---------- RECORDS SUPPLIED

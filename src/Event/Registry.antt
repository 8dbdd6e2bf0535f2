-- ===== src/Event/Registry.antt =====
-- The service registry, QEvent/src/QKServiceRegistry.cpp: services by the hash of their name. A name
-- is the list of its bytes; the copy of it that an entry keeps for debugging is left out. A handler is
-- a number, 0 the null pointer.
mod Tests
use qaiosplus.Base.{
  ℕ, ◌+◌, ◌*◌, Bool, true, false, not, ◌&&◌, ◌||◌, List, [], ◌∷◌, Option, none, some, ◌==◌,
  if◌then◌else◌, update, u32, bit_xor, first_from,
}

pub record Entry : Type 0 where
  pub used : Bool
  pub id : ℕ
  pub hash : ℕ
  pub handler : ℕ
  pub user_data : ℕ

abbrev pub empty_entry : Entry
empty_entry = record { used = false; id = 0; hash = 0; handler = 0; user_data = 0 }

abbrev pub max_services : ℕ
max_services = 64

pub record Registry : Type 0 where
  pub entries : ℕ → Entry
  pub next_id : ℕ

-- FNV-1a, from the value `h` on.
pub hash_from : ℕ → List ℕ → ℕ
hash_from h [] = h
hash_from h (b ∷ bs) = hash_from (u32 (bit_xor h b * 16777619)) bs

pub name_hash : List ℕ → ℕ
unfolding hash_from
name_hash name = hash_from 2166136261 name

abbrev pub has_hash : Registry → ℕ → ℕ → Bool
has_hash r h i = (r.entries i).used && ((r.entries i).hash == h)

-- The second loop of `registerService`.
place_service : Registry → ℕ → ℕ → ℕ → Registry × ℕ
place_service r h handler user_data =
    elim (first_from max_services 0 (λ i. not (r.entries i).used)) [
      | none ↦ (r, 0)
      | some i ↦ (
        record r {
          entries = update r.entries i (record {
            used = true;
            id = r.next_id;
            hash = h;
            handler = handler;
            user_data = user_data;
          });
          next_id = u32 (r.next_id + 1);
        },
        r.next_id,
      )
    ]

-- On a registry that is initialized: the new registry and the service's id; 0 is failure.
pub register_service : Registry → List ℕ → ℕ → ℕ → Registry × ℕ
unfolding place_service name_hash
register_service r name handler user_data =
    let h = name_hash name in
    let registered : Registry × ℕ = elim (first_from max_services 0 (has_hash r h)) [
      | none ↦ place_service r h handler user_data
      | some i ↦ (r, 0)
    ] in
    if (handler == 0) || (h == 0) then (r, 0) else registered

pub unregister_service : Registry → ℕ → Registry × Bool
unregister_service r id =
    let dropped : Registry × Bool =
      elim (first_from max_services 0 (λ i. (r.entries i).used && ((r.entries i).id == id))) [
        | none ↦ (r, false)
        | some i ↦ (record r { entries = update r.entries i empty_entry }, true)
      ] in
    if id == 0 then (r, false) else dropped

-- The call that `onSvcMsg` makes for a target, if any: the handler and its user data.
pub on_svc_msg : Registry → ℕ → Option (ℕ × ℕ)
on_svc_msg r target =
    let called : Option (ℕ × ℕ) = elim (first_from max_services 0 (has_hash r target)) [
      | none ↦ none
      | some i ↦
          if (r.entries i).handler == 0
          then none
          else some ((r.entries i).handler, (r.entries i).user_data)
    ] in
    if target == 0 then none else called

--------------------

* **TRY IT**:
Set down exactly the lines from the opening line of the material through the line in which "abbrev pub empty_entry : Entry" occurs, both included, and no other lines.

* **RESPONSE BELOW**:
filename src/Event/Registry.antt
repository 8dbdd6e2bf0535f2
-- ===== src/Event/Registry.antt =====
-- The service registry, QEvent/src/QKServiceRegistry.cpp: services by the hash of their name. A name
-- is the list of its bytes; the copy of it that an entry keeps for debugging is left out. A handler is
-- a number, 0 the null pointer.
mod Tests
use qaiosplus.Base.{
  ℕ, ◌+◌, ◌*◌, Bool, true, false, not, ◌&&◌, ◌||◌, List, [], ◌∷◌, Option, none, some, ◌==◌,
  if◌then◌else◌, update, u32, bit_xor, first_from,
}

pub record Entry : Type 0 where
  pub used : Bool
  pub id : ℕ
  pub hash : ℕ
  pub handler : ℕ
  pub user_data : ℕ

abbrev pub empty_entry : Entry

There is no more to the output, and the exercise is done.